Pourquoi soumettons-nous nos radiateurs de salle de bains à des tests extrêmes ?
Ayons l’honnêteté : les salles de bains sont un véritable cauchemar pour les appareils électroniques. Il y a de la vapeur partout, des éclaboussures d’eau à tout moment, et la température peut passer de très basse à très élevée en quelques minutes seulement.
Si un radiateur n’est pas conçu pour résister à ces conditions, il est condamné. Les joints se détériorent, les pièces métalliques se rouillent, et l’appareil finit par tomber en panne avant même que vous n’ayez eu le temps de prendre une douzaine de douches. Nous utilisons donc des boîtiers munis d’une certification IP44 pour empêcher l’eau d’entrer, mais cette certification ne garantit pas pour autant que l’appareil durera des années.
C’est pourquoi nous soumettons chaque lot à des tests de vieillissement sous humidité et chaleur.
Comment l’humidité pénètre dans l’appareil ?
L’eau vaporisée est extrêmement fine ; elle peut pénétrer dans des interstices que l’eau liquide ne peut même pas atteindre. Une fois l’humidité à l’intérieur du boîtier, elle s’accumule autour des contacts électriques et des joints en verre. Lorsque le radiateur se réchauffe puis refroidit, cela crée une sorte d’effet de vide, ce qui fait entrer de l’air humide directement dans les circuits électriques. Si les joints ne sont pas parfaitement hermétiques, cela provoque de l’oxydation, ce qui entraîne une résistance accrue, puis un surchauffage, et finalement la destruction de l’appareil. C’est simple comme ça.

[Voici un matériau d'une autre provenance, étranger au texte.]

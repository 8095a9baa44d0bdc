-- ===== src/Core/Piece/Blocks.antt =====
-- What `GetFirstMissingBlock` and `SaveBlock` do, on every branch, seen through a lookup of blocks.
use simple_torrent_client.Common.{
  ℕ, ◌+◌, Bool, true, false, Option, none, some, List, [], ◌∷◌, ◌++◌, ◌==◌, ◌≡◌, inl, inr, refl, ap,
  arith, if◌then◌else◌, length, u64, Result, ok, err, ◌>>=◌, err-injective, Error,
  block_not_pending, block_not_found, All, Bool-cases,
}
use simple_torrent_client.ByteTools.{Bytes}
use simple_torrent_client.Core.Piece.{
  missing, pending, Block, Piece, is_missing, is_pending, take_missing, get_first_missing_block,
  save_in, save_block,
}
use simple_torrent_client.Core.Piece.Invariant.{saved}

-- The first block at an offset.
abbrev pub block_at : ℕ → List Block → Option Block
block_at o [] = none
block_at o (b ∷ bs) = if b.offset == o then some b else block_at o bs

-- The outcome of a save of `d` at offset `o`: `found` is the block there.
abbrev pub SaveOutcome : ℕ → Bytes → List Block → Option Block → Result (List Block) → Type 0
SaveOutcome o d bs none r = r ≡ err block_not_found
SaveOutcome o d bs (some b) (err e) = (e ≡ block_not_pending) × (is_pending b.status ≡ false)
SaveOutcome o d bs (some b) (ok bs') =
    (b.status ≡ pending)
    × ((k : ℕ) → block_at k bs' ≡ (if k == o then some (saved b d) else block_at k bs))

save_in-SaveOutcome :
    (o : ℕ) (d : Bytes) (bs : List Block) → SaveOutcome o d bs (block_at o bs) (save_in o d bs)
unfolding save_in
save_in-SaveOutcome o d [] = refl
save_in-SaveOutcome o d (b ∷ bs) = elim (Bool-cases (b.offset == o)) [
  | inl h ↦ rw h (here (is_pending b.status) refl h)
  | inr h ↦ rw h (there (block_at o bs) (save_in o d bs) (save_in-SaveOutcome o d bs) h)
]
  where
    here :
        (t : Bool)
        → is_pending b.status ≡ t
        → (b.offset == o) ≡ true
        → SaveOutcome o d
            (b ∷ bs)
            (some b)
            (if t then ok (saved b d ∷ bs) else err block_not_pending)
    here true e h = (ground arith, λ k. ground arith)
    here false e h = (refl, e)

    there :
        (found : Option Block) (r : Result (List Block))
        → SaveOutcome o d bs found r
        → (b.offset == o) ≡ false
        → SaveOutcome o d (b ∷ bs) found (r >>= λ bs'. ok (b ∷ bs'))
    there none (ok bs') w h = cc
    there none (err e) w h = cc
    there (some c) (ok bs') w h = (w.0, λ k. ground (arith, w.1 k))
    there (some c) (err e) w h = w

-- The outcome of `SaveBlock` on a piece.
abbrev pub PieceSaveOutcome : Piece → ℕ → Bytes → Option Block → Result Piece → Type 0
PieceSaveOutcome p o d none r = r ≡ err block_not_found
PieceSaveOutcome p o d (some b) (err e) = (e ≡ block_not_pending) × (is_pending b.status ≡ false)
PieceSaveOutcome p o d (some b) (ok p') =
    (b.status ≡ pending)
    × ((k : ℕ) → block_at k p'.blocks ≡ (if k == o then some (saved b d) else block_at k p.blocks))
    × (p'.bytes_downloaded ≡ u64 (p.bytes_downloaded + length d))
    × (p'.index ≡ p.index)
    × (p'.length ≡ p.length)
    × (p'.hash ≡ p.hash)

-- SaveBlock throws "not found" where no block has the offset, throws "not pending" where the first
-- block at the offset was not requested, and otherwise changes that block alone and adds the size
-- of the data to the counter, modulo 2 ^ 64.
pub save_block-PieceSaveOutcome :
    (p : Piece) (o : ℕ) (d : Bytes)
    → PieceSaveOutcome p o d (block_at o p.blocks) (save_block p o d)
unfolding save_block
save_block-PieceSaveOutcome p o d =
    lift (block_at o p.blocks) (save_in o d p.blocks) (save_in-SaveOutcome o d p.blocks)
  where
    lift :
        (found : Option Block) (r : Result (List Block))
        → SaveOutcome o d p.blocks found r
        → PieceSaveOutcome p o d found (
            r >>= λ bs.
            ok (record p { blocks = bs; bytes_downloaded = u64 (p.bytes_downloaded + length d) }))
    lift none (ok bs') w = cc
    lift none (err e) w = ap (λ (x : Error). err x) (err-injective w)
    lift (some b) (ok bs') w = (w.0, w.1, refl, refl, refl, refl)
    lift (some b) (err e) w = w

-- The outcome of the search for a missing block.
abbrev pub TakeOutcome : List Block → List Block → Option Block → Type 0
TakeOutcome bs bs' none = (bs' ≡ bs) × All (λ b. is_missing b.status ≡ false) bs
TakeOutcome bs bs' (some t) =
    (before : List Block) × (b : Block) × (after : List Block) × (bs ≡ before ++ b ∷ after)
    × All (λ c. is_missing c.status ≡ false) before
    × (b.status ≡ missing)
    × (t ≡ record b { status = pending })
    × (bs' ≡ before ++ t ∷ after)

take_missing-TakeOutcome :
    (bs : List Block) → TakeOutcome bs (take_missing bs).0 (take_missing bs).1
unfolding take_missing
take_missing-TakeOutcome [] = (refl, tt)
take_missing-TakeOutcome (b ∷ bs) = elim (Bool-cases (is_missing b.status)) [
  | inl h ↦ rw h ([], b, bs, refl, tt, ground arith, refl, refl)
  | inr h ↦ rw h (later (take_missing bs).0 (take_missing bs).1 (take_missing-TakeOutcome bs) h)
]
  where
    later :
        (bs' : List Block) (found : Option Block)
        → TakeOutcome bs bs' found
        → is_missing b.status ≡ false
        → TakeOutcome (b ∷ bs) (b ∷ bs') found
    later bs' none w h = (ap (◌∷◌ b) w.0, (h, w.1))
    later bs' (some t) w h = (b ∷ w.0, w.1, w.2, ap (◌∷◌ b) w.3, (h, w.4), w.5, w.6, ap (◌∷◌ b) w.7)

-- GetFirstMissingBlock marks the first missing block as requested and returns it, and touches no
-- other block; with no missing block it returns null and changes nothing.
pub get_first_missing_block-TakeOutcome :
    (p : Piece)
    → TakeOutcome p.blocks (get_first_missing_block p).0.blocks (get_first_missing_block p).1
unfolding get_first_missing_block
get_first_missing_block-TakeOutcome p = take_missing-TakeOutcome p.blocks

-- A successful save keeps the piece's index, length and hash.
pub save_block_same :
    (p p' : Piece) (o : ℕ) (d : Bytes)
    → save_block p o d ≡ ok p'
    → (p'.index ≡ p.index) × (p'.length ≡ p.length) × (p'.hash ≡ p.hash)
unfolding save_block
save_block_same p p' o d e = ground arith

Tests pour simuler les conditions réelles
Nous ne nous contentons pas de brancher le radiateur et de dire : « Oui, il fonctionne bien ». Au lieu de ça, nous le plaçons dans une chambre climatique. Nous augmentons alors la température et l’humidité pendant de longues périodes, afin de simuler des conditions extrêmes. Nous cherchons ainsi le moment exact où l’appareil commence à défaillir. Si l’isolation tombe en panne ou si les joints se déforment à cause de la chaleur, l’appareil est inutilisable. Nous préférons qu’il tombe en panne dans notre laboratoire plutôt que dans votre salle de bains.
Trouver l’équilibre idéal
On pourrait penser : « Il suffit de sceller l’appareil hermétiquement ! » Mais il y a un problème : si nous scellons l’appareil trop hermétiquement, la chaleur reste coincée à l’intérieur. Les composants internes finissent alors par être détruits par leur propre chaleur. Il faut donc trouver un équilibre entre étanchéité et circulation d’air suffisante pour permettre aux composants électroniques de fonctionner correctement. C’est un équilibre délicat, mais c’est la seule façon de s’assurer que ces appareils durent vraiment.